DATA EXCERPTS: Begin

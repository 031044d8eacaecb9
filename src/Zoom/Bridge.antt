-- ===== src/Zoom/Bridge.antt =====
-- The state of class ZoomBridge, kv8zoom/ZoomBridge.{h,cpp}, and the drains of its rings. What a ring
-- gives in a drain are the frames that are popped, each with the clock read for it; what is sent to the
-- clients is a list of the values that are serialised.
use kv8_metrics.Prelude.{ℕ, Bool, not, ◌||◌, Option, List, [], ◌∷◌, ◌++◌, if◌then◌else◌}
use kv8_metrics.Prelude.Bytes.{Bytes}
use kv8_metrics.Prelude.Int.{ℤ, int_lt, int_eq}
use kv8_metrics.Registry.{SessionMeta}
use kv8_metrics.Zoom.Decimation.{
  Controller, Floats, should_emit_nav, should_emit_att, should_emit_mot, should_emit_wx,
}
use kv8_metrics.Zoom.Trail.{TrailPoint, append}
use kv8_metrics.Zoom.Frames.{
  Frame, NavPayload, AttPayload, MotPayload, WxPayload, Quaternion, OutputFrame, update_nav,
  update_att, update_mot, update_wx,
}

pub record SessionInfo : Type 0 where
  pub id : Bytes
  pub name : Bytes
  pub prefix : Bytes
  pub ts_ms : ℕ
  pub feeds : ℕ
  pub is_live : Bool

pub record TimelineInfo : Type 0 where
  pub ts_start_us : ℤ
  pub ts_end_us : ℤ
  pub ts_current_us : ℤ
  pub is_live : Bool
  pub is_paused : Bool

-- The calls of `BroadcastText`.
pub data Broadcast : Type 0 where
  nav att mot wx : OutputFrame → Broadcast
  snapshot : OutputFrame → Broadcast
  trail : List TrailPoint → Broadcast
  timeline : TimelineInfo → Broadcast
  session_list : List SessionInfo → (active : Bytes) → Broadcast
  session_selected : (id name : Bytes) → Broadcast
  meta : (feed_count zoom : ℕ) → Broadcast
  unknown_session : (id : Bytes) → Broadcast

-- The calls on the reader that subscribe to a session.
pub data Subscription : Type 0 where
  from_start : SessionMeta → Subscription
  from_ms : SessionMeta → ℤ → Subscription

-- AttitudeFilter, which is floating-point arithmetic.
pub record FilterOps (F : Type 0) : Type 0 where
  pub fresh : F
  pub add_sample : Frame AttPayload → F → F
  pub get_filtered : ℤ → F → Quaternion

pub record Bridge (F : Type 0) : Type 0 where
  pub decim : Controller
  pub att_filter : F
  pub trail : List TrailPoint
  pub assembler : OutputFrame
  pub all_sessions : List (Bytes × SessionMeta)
  pub session_liveness : List (Bytes × Bool)
  pub fresh_sessions : List (Bytes × SessionMeta)
  pub fresh_liveness : List (Bytes × Bool)
  pub sessions_dirty : Bool
  pub active_meta : SessionMeta
  pub active_session_id : Bytes
  pub pending_session_id : Bytes
  pub feed_count : ℕ
  pub ts_session_start : ℤ
  pub ts_first : ℤ
  pub ts_latest : ℤ
  pub ts_emit : ℤ
  pub is_live : Bool
  pub pending_seek_ts : Option ℤ
  pub paused : Bool
  pub pending_pause : Option Bool
  pub last_frame_time : ℕ
  pub offline_load_done : Bool
  pub seek_target_position : ℤ
  pub last_snapshot : ℕ
  pub last_timeline : ℕ
  pub sent : List Broadcast
  pub subscriptions : List Subscription

module _ {F : Type 0} (fl : Floats) (ops : FilterOps F) where
  unfoldable pub broadcast : Broadcast → Bridge F → Bridge F
  broadcast msg b = record b { sent = b.sent ++ msg ∷ [] }

  -- `m_tsFirst` and `m_tsLatest`
  unfoldable pub note_ts : ℤ → Bridge F → Bridge F
  unfolding int_lt int_eq
  note_ts ts b =
      if int_lt (ℤ.pos 0) ts
      then record b {
        ts_first = if int_eq b.ts_first (ℤ.pos 0) then ts else b.ts_first;
        ts_latest = if int_lt b.ts_latest ts then ts else b.ts_latest;
      }
      else b

  -- `updateAssembler`
  unfoldable pub updates_assembler : ℤ → Bridge F → Bool
  unfolding int_lt
  updates_assembler ts b =
      not b.paused
      || not (int_lt (ℤ.pos 0) b.seek_target_position)
      || not (int_lt b.seek_target_position ts)

  -- A frame is passed on: the answer of the controller, and what is done when it is yes.
  unfoldable pub emit : Controller × Bool → (Bridge F → Bridge F) → Bridge F → Bridge F
  emit answer send b =
      if b.paused
      then b
      else let decided = record b { decim = answer.0 } in if answer.1 then send decided else decided

  unfoldable pub nav_frame : ℕ → Frame NavPayload × ℕ → Bridge F → Bridge F
  nav_frame now_us (f, clock) b =
      let lat = f.payload.lat_deg in
      let lon = f.payload.lon_deg in
      let point : TrailPoint = record {
        ts_us = f.ts_us;
        lat_deg = lat;
        lon_deg = lon;
        alt_m = f.payload.alt_m;
      } in
      let noted = note_ts f.ts_us (record b { last_frame_time = clock }) in
      let tracked = record noted { trail = append point noted.trail } in
      let seen = record tracked {
        assembler = if updates_assembler f.ts_us b then update_nav f b.assembler else b.assembler;
      } in
      emit (should_emit_nav fl lat lon now_us b.decim)
        (λ d. broadcast (Broadcast.nav d.assembler) (record d { ts_emit = f.ts_us })) seen

  unfoldable pub att_frame : ℕ → Frame AttPayload × ℕ → Bridge F → Bridge F
  att_frame now_us (f, clock) b =
      let filter = ops.add_sample f b.att_filter in
      let timed = record b { last_frame_time = clock } in
      let seen =
        if updates_assembler f.ts_us b
        then record timed {
          att_filter = filter;
          assembler = update_att f.ts_us (ops.get_filtered f.ts_us filter) f b.assembler;
        }
        else timed in
      emit (should_emit_att now_us b.decim)
        (λ d.
          broadcast (Broadcast.att d.assembler)
            (record d { ts_emit = if int_lt d.ts_emit f.ts_us then f.ts_us else d.ts_emit }))
        seen

  unfoldable pub mot_frame : ℕ → Frame MotPayload → Bridge F → Bridge F
  mot_frame now_us f b =
      emit (should_emit_mot now_us b.decim) (λ d. broadcast (Broadcast.mot d.assembler) d)
        (record b { assembler = update_mot f b.assembler })

  unfoldable pub wx_frame : ℕ → Frame WxPayload → Bridge F → Bridge F
  wx_frame now_us f b =
      emit (should_emit_wx now_us b.decim) (λ d. broadcast (Broadcast.wx d.assembler) d)
        (record b { assembler = update_wx f b.assembler })

  -- DrainNav, DrainAtt, DrainMot and DrainWx
  unfoldable pub drain_nav : ℕ → List (Frame NavPayload × ℕ) → Bridge F → Bridge F
  drain_nav now_us [] b = b
  drain_nav now_us (pop ∷ pops) b = drain_nav now_us pops (nav_frame now_us pop b)

  unfoldable pub drain_att : ℕ → List (Frame AttPayload × ℕ) → Bridge F → Bridge F
  drain_att now_us [] b = b
  drain_att now_us (pop ∷ pops) b = drain_att now_us pops (att_frame now_us pop b)

  unfoldable pub drain_mot : ℕ → List (Frame MotPayload) → Bridge F → Bridge F
  drain_mot now_us [] b = b
  drain_mot now_us (pop ∷ pops) b = drain_mot now_us pops (mot_frame now_us pop b)

  unfoldable pub drain_wx : ℕ → List (Frame WxPayload) → Bridge F → Bridge F
  drain_wx now_us [] b = b
  drain_wx now_us (pop ∷ pops) b = drain_wx now_us pops (wx_frame now_us pop b)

DATA EXCERPTS: End

● **TASK PROMPT**:
Exactly reproduce every record.

● **TASK SOLUTION**:
repository 031044d8eacaecb9
filename src/Zoom/Bridge.antt
-- ===== src/Zoom/Bridge.antt =====
-- The state of class ZoomBridge, kv8zoom/ZoomBridge.{h,cpp}, and the drains of its rings. What a ring
-- gives in a drain are the frames that are popped, each with the clock read for it; what is sent to the
-- clients is a list of the values that are serialised.
use kv8_metrics.Prelude.{ℕ, Bool, not, ◌||◌, Option, List, [], ◌∷◌, ◌++◌, if◌then◌else◌}
use kv8_metrics.Prelude.Bytes.{Bytes}
use kv8_metrics.Prelude.Int.{ℤ, int_lt, int_eq}
use kv8_metrics.Registry.{SessionMeta}
use kv8_metrics.Zoom.Decimation.{
  Controller, Floats, should_emit_nav, should_emit_att, should_emit_mot, should_emit_wx,
}
use kv8_metrics.Zoom.Trail.{TrailPoint, append}
use kv8_metrics.Zoom.Frames.{
  Frame, NavPayload, AttPayload, MotPayload, WxPayload, Quaternion, OutputFrame, update_nav,
  update_att, update_mot, update_wx,
}

pub record SessionInfo : Type 0 where
  pub id : Bytes
  pub name : Bytes
  pub prefix : Bytes
  pub ts_ms : ℕ
  pub feeds : ℕ
  pub is_live : Bool

pub record TimelineInfo : Type 0 where
  pub ts_start_us : ℤ
  pub ts_end_us : ℤ
  pub ts_current_us : ℤ
  pub is_live : Bool
  pub is_paused : Bool

-- The calls of `BroadcastText`.
pub data Broadcast : Type 0 where
  nav att mot wx : OutputFrame → Broadcast
  snapshot : OutputFrame → Broadcast
  trail : List TrailPoint → Broadcast
  timeline : TimelineInfo → Broadcast
  session_list : List SessionInfo → (active : Bytes) → Broadcast
  session_selected : (id name : Bytes) → Broadcast
  meta : (feed_count zoom : ℕ) → Broadcast
  unknown_session : (id : Bytes) → Broadcast

-- The calls on the reader that subscribe to a session.
pub data Subscription : Type 0 where
  from_start : SessionMeta → Subscription
  from_ms : SessionMeta → ℤ → Subscription

-- AttitudeFilter, which is floating-point arithmetic.
pub record FilterOps (F : Type 0) : Type 0 where
  pub fresh : F
  pub add_sample : Frame AttPayload → F → F
  pub get_filtered : ℤ → F → Quaternion

pub record Bridge (F : Type 0) : Type 0 where
  pub decim : Controller
  pub att_filter : F
  pub trail : List TrailPoint
  pub assembler : OutputFrame
  pub all_sessions : List (Bytes × SessionMeta)
  pub session_liveness : List (Bytes × Bool)
  pub fresh_sessions : List (Bytes × SessionMeta)
  pub fresh_liveness : List (Bytes × Bool)
  pub sessions_dirty : Bool
  pub active_meta : SessionMeta
  pub active_session_id : Bytes
  pub pending_session_id : Bytes
  pub feed_count : ℕ
  pub ts_session_start : ℤ
  pub ts_first : ℤ
  pub ts_latest : ℤ
  pub ts_emit : ℤ
  pub is_live : Bool
  pub pending_seek_ts : Option ℤ
  pub paused : Bool
  pub pending_pause : Option Bool
  pub last_frame_time : ℕ
  pub offline_load_done : Bool
  pub seek_target_position : ℤ
  pub last_snapshot : ℕ
  pub last_timeline : ℕ
  pub sent : List Broadcast
  pub subscriptions : List Subscription

module _ {F : Type 0} (fl : Floats) (ops : FilterOps F) where
  unfoldable pub broadcast : Broadcast → Bridge F → Bridge F
  broadcast msg b = record b { sent = b.sent ++ msg ∷ [] }

  -- `m_tsFirst` and `m_tsLatest`
  unfoldable pub note_ts : ℤ → Bridge F → Bridge F
  unfolding int_lt int_eq
  note_ts ts b =
      if int_lt (ℤ.pos 0) ts
      then record b {
        ts_first = if int_eq b.ts_first (ℤ.pos 0) then ts else b.ts_first;
        ts_latest = if int_lt b.ts_latest ts then ts else b.ts_latest;
      }
      else b

  -- `updateAssembler`
  unfoldable pub updates_assembler : ℤ → Bridge F → Bool
  unfolding int_lt
  updates_assembler ts b =
      not b.paused
      || not (int_lt (ℤ.pos 0) b.seek_target_position)
      || not (int_lt b.seek_target_position ts)

  -- A frame is passed on: the answer of the controller, and what is done when it is yes.
  unfoldable pub emit : Controller × Bool → (Bridge F → Bridge F) → Bridge F → Bridge F
  emit answer send b =
      if b.paused
      then b
      else let decided = record b { decim = answer.0 } in if answer.1 then send decided else decided

  unfoldable pub nav_frame : ℕ → Frame NavPayload × ℕ → Bridge F → Bridge F
  nav_frame now_us (f, clock) b =
      let lat = f.payload.lat_deg in
      let lon = f.payload.lon_deg in
      let point : TrailPoint = record {
        ts_us = f.ts_us;
        lat_deg = lat;
        lon_deg = lon;
        alt_m = f.payload.alt_m;
      } in
      let noted = note_ts f.ts_us (record b { last_frame_time = clock }) in
      let tracked = record noted { trail = append point noted.trail } in
      let seen = record tracked {
        assembler = if updates_assembler f.ts_us b then update_nav f b.assembler else b.assembler;
      } in
      emit (should_emit_nav fl lat lon now_us b.decim)
        (λ d. broadcast (Broadcast.nav d.assembler) (record d { ts_emit = f.ts_us })) seen

  unfoldable pub att_frame : ℕ → Frame AttPayload × ℕ → Bridge F → Bridge F
  att_frame now_us (f, clock) b =
      let filter = ops.add_sample f b.att_filter in
      let timed = record b { last_frame_time = clock } in
      let seen =
        if updates_assembler f.ts_us b
        then record timed {
          att_filter = filter;
          assembler = update_att f.ts_us (ops.get_filtered f.ts_us filter) f b.assembler;
        }
        else timed in
      emit (should_emit_att now_us b.decim)
        (λ d.
          broadcast (Broadcast.att d.assembler)
            (record d { ts_emit = if int_lt d.ts_emit f.ts_us then f.ts_us else d.ts_emit }))
        seen

  unfoldable pub mot_frame : ℕ → Frame MotPayload → Bridge F → Bridge F
  mot_frame now_us f b =
      emit (should_emit_mot now_us b.decim) (λ d. broadcast (Broadcast.mot d.assembler) d)
        (record b { assembler = update_mot f b.assembler })

  unfoldable pub wx_frame : ℕ → Frame WxPayload → Bridge F → Bridge F
  wx_frame now_us f b =
      emit (should_emit_wx now_us b.decim) (λ d. broadcast (Broadcast.wx d.assembler) d)
        (record b { assembler = update_wx f b.assembler })

  -- DrainNav, DrainAtt, DrainMot and DrainWx
  unfoldable pub drain_nav : ℕ → List (Frame NavPayload × ℕ) → Bridge F → Bridge F
  drain_nav now_us [] b = b
  drain_nav now_us (pop ∷ pops) b = drain_nav now_us pops (nav_frame now_us pop b)

  unfoldable pub drain_att : ℕ → List (Frame AttPayload × ℕ) → Bridge F → Bridge F
  drain_att now_us [] b = b
  drain_att now_us (pop ∷ pops) b = drain_att now_us pops (att_frame now_us pop b)

  unfoldable pub drain_mot : ℕ → List (Frame MotPayload) → Bridge F → Bridge F
  drain_mot now_us [] b = b
  drain_mot now_us (pop ∷ pops) b = drain_mot now_us pops (mot_frame now_us pop b)

  unfoldable pub drain_wx : ℕ → List (Frame WxPayload) → Bridge F → Bridge F
  drain_wx now_us [] b = b
  drain_wx now_us (pop ∷ pops) b = drain_wx now_us pops (wx_frame now_us pop b)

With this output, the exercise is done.